+++ ENTRIES SHOWN

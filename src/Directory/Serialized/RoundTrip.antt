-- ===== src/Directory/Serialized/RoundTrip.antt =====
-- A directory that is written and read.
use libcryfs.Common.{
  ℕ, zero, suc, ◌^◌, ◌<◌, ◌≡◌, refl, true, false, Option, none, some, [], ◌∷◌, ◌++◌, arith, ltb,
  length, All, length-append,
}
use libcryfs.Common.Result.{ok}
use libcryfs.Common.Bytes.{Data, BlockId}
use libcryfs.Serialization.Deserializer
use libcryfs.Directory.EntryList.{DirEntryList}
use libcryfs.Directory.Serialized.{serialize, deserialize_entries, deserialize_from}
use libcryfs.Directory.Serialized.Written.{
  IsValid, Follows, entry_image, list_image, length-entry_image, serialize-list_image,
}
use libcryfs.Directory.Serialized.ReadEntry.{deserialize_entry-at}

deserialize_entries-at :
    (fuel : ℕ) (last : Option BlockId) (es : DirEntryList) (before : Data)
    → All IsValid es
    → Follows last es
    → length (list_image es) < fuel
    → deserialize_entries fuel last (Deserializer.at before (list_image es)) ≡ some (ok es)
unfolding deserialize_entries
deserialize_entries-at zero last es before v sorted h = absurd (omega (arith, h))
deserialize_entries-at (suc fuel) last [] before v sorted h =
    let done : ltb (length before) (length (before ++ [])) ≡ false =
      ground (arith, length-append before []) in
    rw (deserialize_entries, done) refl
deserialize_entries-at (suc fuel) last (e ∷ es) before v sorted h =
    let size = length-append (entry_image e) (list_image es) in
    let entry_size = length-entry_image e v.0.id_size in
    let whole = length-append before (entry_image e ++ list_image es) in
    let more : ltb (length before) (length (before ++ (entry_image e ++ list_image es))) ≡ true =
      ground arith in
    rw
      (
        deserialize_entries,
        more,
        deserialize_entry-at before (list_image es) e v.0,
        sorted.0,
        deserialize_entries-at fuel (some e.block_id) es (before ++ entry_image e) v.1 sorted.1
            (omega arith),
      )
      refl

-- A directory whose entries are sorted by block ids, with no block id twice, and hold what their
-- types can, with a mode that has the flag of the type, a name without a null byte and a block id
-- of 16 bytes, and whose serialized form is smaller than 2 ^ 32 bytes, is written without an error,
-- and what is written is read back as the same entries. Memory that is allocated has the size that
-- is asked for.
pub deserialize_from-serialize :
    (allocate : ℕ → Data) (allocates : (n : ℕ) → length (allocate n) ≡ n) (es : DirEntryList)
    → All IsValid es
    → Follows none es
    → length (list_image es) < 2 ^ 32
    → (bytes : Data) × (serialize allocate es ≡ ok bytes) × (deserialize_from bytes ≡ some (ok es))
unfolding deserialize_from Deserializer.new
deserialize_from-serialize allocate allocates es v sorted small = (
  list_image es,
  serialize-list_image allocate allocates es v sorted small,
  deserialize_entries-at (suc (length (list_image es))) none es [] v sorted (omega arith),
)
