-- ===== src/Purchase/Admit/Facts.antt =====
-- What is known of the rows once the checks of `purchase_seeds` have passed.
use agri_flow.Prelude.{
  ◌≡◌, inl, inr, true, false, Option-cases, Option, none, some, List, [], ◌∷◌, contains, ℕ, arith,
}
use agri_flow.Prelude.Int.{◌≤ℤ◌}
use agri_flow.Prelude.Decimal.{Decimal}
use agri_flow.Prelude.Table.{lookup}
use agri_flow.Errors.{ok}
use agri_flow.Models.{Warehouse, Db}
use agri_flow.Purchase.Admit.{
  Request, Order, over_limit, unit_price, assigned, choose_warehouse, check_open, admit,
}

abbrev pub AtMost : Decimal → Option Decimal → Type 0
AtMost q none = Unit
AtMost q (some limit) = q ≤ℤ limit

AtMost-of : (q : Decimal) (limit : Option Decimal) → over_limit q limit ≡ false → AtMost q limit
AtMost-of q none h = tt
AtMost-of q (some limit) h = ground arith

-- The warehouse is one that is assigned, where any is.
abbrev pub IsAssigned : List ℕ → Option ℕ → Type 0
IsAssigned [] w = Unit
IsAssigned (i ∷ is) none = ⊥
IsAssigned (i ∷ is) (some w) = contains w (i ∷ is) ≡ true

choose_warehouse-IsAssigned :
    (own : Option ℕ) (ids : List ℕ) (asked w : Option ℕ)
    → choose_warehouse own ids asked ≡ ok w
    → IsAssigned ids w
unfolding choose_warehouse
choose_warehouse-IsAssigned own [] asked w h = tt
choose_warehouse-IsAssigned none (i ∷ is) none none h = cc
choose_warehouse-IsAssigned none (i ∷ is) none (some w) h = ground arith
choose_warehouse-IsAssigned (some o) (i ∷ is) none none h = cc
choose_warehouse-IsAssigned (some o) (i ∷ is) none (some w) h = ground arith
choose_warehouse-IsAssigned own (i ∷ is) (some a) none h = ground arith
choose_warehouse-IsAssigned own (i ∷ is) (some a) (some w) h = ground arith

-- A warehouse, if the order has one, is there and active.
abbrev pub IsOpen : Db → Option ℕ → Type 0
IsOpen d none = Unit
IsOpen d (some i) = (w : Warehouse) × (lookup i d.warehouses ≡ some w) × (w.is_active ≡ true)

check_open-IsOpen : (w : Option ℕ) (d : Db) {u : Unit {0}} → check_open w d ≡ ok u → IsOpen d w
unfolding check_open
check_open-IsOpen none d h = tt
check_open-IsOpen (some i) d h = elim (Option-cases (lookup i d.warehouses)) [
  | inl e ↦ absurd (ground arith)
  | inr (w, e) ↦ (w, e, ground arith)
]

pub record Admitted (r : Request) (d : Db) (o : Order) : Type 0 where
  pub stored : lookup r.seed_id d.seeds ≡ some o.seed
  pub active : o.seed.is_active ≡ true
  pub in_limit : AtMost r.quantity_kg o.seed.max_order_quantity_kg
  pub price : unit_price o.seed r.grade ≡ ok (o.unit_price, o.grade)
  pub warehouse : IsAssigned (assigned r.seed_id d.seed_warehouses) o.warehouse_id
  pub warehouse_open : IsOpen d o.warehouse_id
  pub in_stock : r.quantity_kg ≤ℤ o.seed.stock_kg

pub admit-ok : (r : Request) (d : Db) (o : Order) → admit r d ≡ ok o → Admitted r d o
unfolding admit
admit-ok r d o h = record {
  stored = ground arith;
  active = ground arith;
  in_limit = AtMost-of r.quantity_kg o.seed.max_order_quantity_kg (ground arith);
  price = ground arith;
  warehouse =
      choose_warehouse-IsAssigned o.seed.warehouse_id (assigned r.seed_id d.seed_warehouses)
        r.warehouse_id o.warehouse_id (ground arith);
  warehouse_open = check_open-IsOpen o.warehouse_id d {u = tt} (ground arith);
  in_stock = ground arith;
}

++++++
+++ ENTRIES SHOWN

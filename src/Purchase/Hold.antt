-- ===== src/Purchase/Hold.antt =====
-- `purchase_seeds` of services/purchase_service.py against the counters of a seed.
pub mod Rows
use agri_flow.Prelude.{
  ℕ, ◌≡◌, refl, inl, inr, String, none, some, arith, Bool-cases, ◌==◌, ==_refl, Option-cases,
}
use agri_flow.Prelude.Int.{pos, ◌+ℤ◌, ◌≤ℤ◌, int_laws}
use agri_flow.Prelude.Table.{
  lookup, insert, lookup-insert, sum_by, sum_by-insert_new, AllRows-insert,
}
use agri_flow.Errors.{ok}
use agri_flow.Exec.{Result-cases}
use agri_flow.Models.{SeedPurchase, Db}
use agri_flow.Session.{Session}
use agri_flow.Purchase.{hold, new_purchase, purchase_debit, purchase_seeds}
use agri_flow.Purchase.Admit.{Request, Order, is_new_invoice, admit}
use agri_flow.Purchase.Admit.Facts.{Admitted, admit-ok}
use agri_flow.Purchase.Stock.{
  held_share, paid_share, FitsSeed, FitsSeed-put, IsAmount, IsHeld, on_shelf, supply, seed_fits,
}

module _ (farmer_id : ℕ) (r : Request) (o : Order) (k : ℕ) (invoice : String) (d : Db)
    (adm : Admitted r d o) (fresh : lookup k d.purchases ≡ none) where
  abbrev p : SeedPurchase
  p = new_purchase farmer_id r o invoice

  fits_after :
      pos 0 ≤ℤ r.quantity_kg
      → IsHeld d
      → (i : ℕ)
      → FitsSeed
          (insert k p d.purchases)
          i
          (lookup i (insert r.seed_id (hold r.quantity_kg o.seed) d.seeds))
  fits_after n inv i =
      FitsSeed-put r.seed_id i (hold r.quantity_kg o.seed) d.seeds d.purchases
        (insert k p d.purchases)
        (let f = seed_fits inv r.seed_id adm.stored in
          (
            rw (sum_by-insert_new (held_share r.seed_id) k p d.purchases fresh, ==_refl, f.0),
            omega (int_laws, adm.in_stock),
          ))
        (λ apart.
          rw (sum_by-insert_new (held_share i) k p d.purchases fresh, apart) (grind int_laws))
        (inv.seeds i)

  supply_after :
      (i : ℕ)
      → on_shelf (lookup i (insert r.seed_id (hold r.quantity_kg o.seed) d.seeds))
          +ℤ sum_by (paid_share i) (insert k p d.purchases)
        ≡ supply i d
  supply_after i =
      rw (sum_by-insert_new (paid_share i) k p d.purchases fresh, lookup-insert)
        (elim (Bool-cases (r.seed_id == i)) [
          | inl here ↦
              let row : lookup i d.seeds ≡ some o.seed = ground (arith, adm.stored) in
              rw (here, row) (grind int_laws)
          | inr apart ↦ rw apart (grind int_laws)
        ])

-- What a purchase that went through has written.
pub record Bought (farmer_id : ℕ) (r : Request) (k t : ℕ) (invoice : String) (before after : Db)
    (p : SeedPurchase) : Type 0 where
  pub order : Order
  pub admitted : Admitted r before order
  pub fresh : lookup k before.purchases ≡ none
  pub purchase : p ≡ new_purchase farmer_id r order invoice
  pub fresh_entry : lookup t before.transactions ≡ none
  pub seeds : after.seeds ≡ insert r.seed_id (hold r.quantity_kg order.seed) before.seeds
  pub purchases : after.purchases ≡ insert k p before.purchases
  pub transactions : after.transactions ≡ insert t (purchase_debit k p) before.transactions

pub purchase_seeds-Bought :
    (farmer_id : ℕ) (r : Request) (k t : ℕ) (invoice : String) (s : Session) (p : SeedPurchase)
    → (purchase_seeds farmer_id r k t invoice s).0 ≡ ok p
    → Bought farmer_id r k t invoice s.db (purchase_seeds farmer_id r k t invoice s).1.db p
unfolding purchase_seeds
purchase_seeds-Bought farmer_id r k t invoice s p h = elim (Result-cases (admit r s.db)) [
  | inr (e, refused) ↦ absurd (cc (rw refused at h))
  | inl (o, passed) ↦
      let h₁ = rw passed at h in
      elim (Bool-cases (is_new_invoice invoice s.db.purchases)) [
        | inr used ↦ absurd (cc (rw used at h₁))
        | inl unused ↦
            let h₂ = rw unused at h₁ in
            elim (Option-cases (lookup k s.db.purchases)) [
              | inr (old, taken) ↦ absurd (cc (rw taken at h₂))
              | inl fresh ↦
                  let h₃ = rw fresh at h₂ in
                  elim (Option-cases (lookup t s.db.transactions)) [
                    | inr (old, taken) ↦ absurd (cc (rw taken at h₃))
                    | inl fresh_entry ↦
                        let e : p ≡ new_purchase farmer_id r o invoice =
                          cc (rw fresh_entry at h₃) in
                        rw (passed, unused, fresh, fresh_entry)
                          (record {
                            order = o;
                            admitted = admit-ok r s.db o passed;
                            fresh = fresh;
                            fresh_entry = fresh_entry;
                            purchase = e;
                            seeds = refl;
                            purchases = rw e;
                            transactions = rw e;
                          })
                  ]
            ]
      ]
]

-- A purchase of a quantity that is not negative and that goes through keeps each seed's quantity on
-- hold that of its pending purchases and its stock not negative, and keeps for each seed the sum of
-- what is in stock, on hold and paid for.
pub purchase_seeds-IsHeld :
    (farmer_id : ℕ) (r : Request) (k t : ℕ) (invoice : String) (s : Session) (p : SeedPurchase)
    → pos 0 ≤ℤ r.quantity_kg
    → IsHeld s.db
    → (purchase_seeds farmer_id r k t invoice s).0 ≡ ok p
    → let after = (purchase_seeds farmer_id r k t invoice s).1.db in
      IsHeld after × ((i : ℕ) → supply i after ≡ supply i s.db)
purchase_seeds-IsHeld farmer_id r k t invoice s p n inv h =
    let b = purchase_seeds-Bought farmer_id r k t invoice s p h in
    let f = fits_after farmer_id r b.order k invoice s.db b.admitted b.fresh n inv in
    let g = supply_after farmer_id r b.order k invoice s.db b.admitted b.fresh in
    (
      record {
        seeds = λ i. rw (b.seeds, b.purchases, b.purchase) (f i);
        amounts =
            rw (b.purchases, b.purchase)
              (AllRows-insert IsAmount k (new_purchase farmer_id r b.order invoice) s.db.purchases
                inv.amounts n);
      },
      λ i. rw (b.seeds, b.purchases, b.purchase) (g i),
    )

++++++
+++ ENTRIES SHOWN

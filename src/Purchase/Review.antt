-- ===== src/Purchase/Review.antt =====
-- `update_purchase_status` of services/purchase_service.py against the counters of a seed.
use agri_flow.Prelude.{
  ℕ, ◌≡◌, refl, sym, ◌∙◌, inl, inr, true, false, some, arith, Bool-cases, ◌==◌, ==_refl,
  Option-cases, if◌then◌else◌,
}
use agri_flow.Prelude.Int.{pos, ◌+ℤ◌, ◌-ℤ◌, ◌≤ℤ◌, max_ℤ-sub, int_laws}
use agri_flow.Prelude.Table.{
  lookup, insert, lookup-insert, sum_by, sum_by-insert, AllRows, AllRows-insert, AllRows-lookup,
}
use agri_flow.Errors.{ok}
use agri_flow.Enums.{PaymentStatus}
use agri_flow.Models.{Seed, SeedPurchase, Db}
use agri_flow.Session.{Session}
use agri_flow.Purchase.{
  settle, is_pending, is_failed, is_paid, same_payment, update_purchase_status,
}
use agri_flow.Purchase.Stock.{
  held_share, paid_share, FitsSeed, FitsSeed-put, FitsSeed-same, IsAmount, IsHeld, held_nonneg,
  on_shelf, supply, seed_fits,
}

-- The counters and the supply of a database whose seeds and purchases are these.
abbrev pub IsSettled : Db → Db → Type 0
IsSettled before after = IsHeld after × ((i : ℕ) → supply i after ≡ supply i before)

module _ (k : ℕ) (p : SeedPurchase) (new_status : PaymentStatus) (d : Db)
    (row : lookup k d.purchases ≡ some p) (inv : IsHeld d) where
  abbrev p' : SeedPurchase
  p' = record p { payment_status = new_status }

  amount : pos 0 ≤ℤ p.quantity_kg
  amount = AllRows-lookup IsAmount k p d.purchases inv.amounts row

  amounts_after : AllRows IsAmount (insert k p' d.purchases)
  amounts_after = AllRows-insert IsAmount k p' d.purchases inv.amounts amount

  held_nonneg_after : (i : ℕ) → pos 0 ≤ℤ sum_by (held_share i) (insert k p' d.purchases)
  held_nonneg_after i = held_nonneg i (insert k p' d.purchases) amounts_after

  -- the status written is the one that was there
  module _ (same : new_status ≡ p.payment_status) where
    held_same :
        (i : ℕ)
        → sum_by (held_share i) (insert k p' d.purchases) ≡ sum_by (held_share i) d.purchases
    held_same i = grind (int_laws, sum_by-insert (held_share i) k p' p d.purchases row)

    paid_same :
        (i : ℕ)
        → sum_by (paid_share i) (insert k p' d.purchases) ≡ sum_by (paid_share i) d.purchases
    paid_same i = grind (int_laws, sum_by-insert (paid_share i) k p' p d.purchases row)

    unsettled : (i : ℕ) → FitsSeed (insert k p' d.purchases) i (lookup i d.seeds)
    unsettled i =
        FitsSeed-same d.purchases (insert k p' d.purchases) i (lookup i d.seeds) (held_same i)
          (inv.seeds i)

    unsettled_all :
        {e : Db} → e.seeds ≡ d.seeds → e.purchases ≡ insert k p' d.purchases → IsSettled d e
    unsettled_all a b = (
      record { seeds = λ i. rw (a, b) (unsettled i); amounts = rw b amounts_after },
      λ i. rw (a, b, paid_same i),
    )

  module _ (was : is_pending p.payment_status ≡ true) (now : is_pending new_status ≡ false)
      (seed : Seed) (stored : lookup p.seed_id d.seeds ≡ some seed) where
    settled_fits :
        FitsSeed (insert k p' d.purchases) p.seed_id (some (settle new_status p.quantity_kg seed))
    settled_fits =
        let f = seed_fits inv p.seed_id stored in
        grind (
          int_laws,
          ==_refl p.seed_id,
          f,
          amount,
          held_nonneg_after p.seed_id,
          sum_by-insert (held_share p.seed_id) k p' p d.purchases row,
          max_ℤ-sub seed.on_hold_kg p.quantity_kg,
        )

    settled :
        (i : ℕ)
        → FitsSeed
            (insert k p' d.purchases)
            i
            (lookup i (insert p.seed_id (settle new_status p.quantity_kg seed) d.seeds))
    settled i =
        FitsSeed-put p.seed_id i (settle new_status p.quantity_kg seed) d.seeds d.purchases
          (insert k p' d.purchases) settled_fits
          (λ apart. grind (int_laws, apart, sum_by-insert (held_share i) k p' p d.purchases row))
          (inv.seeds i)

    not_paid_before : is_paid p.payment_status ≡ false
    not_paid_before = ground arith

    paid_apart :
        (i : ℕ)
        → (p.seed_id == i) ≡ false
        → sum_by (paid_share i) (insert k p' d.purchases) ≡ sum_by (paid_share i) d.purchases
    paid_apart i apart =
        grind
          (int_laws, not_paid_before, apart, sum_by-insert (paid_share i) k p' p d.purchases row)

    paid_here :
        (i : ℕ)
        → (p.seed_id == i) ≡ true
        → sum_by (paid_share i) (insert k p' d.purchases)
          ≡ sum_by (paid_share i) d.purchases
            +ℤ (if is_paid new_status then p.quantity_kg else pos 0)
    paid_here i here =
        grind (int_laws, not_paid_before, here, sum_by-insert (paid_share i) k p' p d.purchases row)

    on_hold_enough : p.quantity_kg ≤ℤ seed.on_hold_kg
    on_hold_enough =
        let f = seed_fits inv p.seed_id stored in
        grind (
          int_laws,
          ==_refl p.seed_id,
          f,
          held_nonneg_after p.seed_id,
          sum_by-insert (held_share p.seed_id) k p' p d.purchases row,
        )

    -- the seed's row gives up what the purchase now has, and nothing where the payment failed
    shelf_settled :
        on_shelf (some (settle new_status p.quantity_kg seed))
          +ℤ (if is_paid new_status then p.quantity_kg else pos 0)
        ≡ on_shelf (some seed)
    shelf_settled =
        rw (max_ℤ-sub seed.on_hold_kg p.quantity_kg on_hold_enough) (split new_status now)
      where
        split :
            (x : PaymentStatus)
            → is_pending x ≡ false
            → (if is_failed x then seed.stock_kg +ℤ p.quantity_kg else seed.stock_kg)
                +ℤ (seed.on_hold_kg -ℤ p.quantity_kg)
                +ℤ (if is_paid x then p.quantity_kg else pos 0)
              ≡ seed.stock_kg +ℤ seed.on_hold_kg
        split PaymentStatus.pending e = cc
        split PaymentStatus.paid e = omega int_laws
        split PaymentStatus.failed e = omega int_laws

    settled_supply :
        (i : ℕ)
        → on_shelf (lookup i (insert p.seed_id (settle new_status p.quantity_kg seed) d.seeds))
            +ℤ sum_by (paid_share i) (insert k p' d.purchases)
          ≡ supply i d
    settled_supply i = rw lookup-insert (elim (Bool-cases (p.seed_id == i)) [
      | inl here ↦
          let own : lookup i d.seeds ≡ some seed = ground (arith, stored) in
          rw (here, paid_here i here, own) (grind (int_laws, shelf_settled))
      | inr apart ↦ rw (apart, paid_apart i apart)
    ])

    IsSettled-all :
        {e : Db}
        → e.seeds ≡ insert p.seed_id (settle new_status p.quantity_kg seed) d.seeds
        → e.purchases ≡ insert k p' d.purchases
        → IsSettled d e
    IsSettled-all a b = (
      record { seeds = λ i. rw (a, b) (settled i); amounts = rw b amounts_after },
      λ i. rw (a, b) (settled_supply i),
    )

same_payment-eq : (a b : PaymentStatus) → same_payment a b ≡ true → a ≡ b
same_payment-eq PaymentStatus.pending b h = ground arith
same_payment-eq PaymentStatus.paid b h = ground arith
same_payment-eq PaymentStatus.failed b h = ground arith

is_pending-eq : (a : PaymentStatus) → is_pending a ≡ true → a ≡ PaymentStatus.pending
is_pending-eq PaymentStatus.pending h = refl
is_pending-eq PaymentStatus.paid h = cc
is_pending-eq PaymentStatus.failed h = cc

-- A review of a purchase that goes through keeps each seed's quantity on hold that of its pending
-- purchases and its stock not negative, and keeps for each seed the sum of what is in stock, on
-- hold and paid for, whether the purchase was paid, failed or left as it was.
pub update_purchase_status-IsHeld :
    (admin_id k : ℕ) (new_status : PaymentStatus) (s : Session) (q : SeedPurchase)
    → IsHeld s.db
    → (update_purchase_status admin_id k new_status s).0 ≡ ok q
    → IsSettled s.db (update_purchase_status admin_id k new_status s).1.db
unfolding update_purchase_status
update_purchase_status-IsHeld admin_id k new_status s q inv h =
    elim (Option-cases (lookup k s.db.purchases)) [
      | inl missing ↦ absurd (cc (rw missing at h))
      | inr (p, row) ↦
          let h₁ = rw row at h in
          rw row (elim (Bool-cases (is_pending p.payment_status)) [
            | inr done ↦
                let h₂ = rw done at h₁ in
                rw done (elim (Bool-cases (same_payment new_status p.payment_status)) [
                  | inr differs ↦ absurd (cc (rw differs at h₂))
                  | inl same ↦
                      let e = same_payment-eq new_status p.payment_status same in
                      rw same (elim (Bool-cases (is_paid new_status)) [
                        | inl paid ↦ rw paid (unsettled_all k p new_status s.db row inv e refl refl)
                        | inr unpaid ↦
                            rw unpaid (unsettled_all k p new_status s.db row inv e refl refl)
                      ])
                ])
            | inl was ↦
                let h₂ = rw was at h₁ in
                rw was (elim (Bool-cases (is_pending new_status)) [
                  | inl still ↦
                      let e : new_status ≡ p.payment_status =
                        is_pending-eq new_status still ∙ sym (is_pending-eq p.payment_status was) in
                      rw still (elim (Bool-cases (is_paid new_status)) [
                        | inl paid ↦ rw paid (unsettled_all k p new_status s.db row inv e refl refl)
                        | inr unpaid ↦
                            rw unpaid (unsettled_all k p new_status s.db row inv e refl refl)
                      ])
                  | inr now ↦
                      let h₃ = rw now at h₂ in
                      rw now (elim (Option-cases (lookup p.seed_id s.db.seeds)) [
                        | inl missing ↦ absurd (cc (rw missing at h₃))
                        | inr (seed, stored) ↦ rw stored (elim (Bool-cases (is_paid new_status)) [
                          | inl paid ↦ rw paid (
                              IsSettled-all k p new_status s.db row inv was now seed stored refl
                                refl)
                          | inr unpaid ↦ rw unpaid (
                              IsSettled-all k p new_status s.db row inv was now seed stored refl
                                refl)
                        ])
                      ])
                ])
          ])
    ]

++++++

- **TASK BRIEF**
Among the entries above, the line containing "IsAssigned (i ∷ is) (some", the line containing "pub in_stock : r.quantity_kg", and all lines between them are to be restated word for word; nothing else belongs in the reply.

- **ANSWER FOR THIS EXERCISE**
IsAssigned (i ∷ is) (some w) = contains w (i ∷ is) ≡ true

choose_warehouse-IsAssigned :
    (own : Option ℕ) (ids : List ℕ) (asked w : Option ℕ)
    → choose_warehouse own ids asked ≡ ok w
    → IsAssigned ids w
unfolding choose_warehouse
choose_warehouse-IsAssigned own [] asked w h = tt
choose_warehouse-IsAssigned none (i ∷ is) none none h = cc
choose_warehouse-IsAssigned none (i ∷ is) none (some w) h = ground arith
choose_warehouse-IsAssigned (some o) (i ∷ is) none none h = cc
choose_warehouse-IsAssigned (some o) (i ∷ is) none (some w) h = ground arith
choose_warehouse-IsAssigned own (i ∷ is) (some a) none h = ground arith
choose_warehouse-IsAssigned own (i ∷ is) (some a) (some w) h = ground arith

-- A warehouse, if the order has one, is there and active.
abbrev pub IsOpen : Db → Option ℕ → Type 0
IsOpen d none = Unit
IsOpen d (some i) = (w : Warehouse) × (lookup i d.warehouses ≡ some w) × (w.is_active ≡ true)

check_open-IsOpen : (w : Option ℕ) (d : Db) {u : Unit {0}} → check_open w d ≡ ok u → IsOpen d w
unfolding check_open
check_open-IsOpen none d h = tt
check_open-IsOpen (some i) d h = elim (Option-cases (lookup i d.warehouses)) [
  | inl e ↦ absurd (ground arith)
  | inr (w, e) ↦ (w, e, ground arith)
]

pub record Admitted (r : Request) (d : Db) (o : Order) : Type 0 where
  pub stored : lookup r.seed_id d.seeds ≡ some o.seed
  pub active : o.seed.is_active ≡ true
  pub in_limit : AtMost r.quantity_kg o.seed.max_order_quantity_kg
  pub price : unit_price o.seed r.grade ≡ ok (o.unit_price, o.grade)
  pub warehouse : IsAssigned (assigned r.seed_id d.seed_warehouses) o.warehouse_id
  pub warehouse_open : IsOpen d o.warehouse_id
  pub in_stock : r.quantity_kg ≤ℤ o.seed.stock_kg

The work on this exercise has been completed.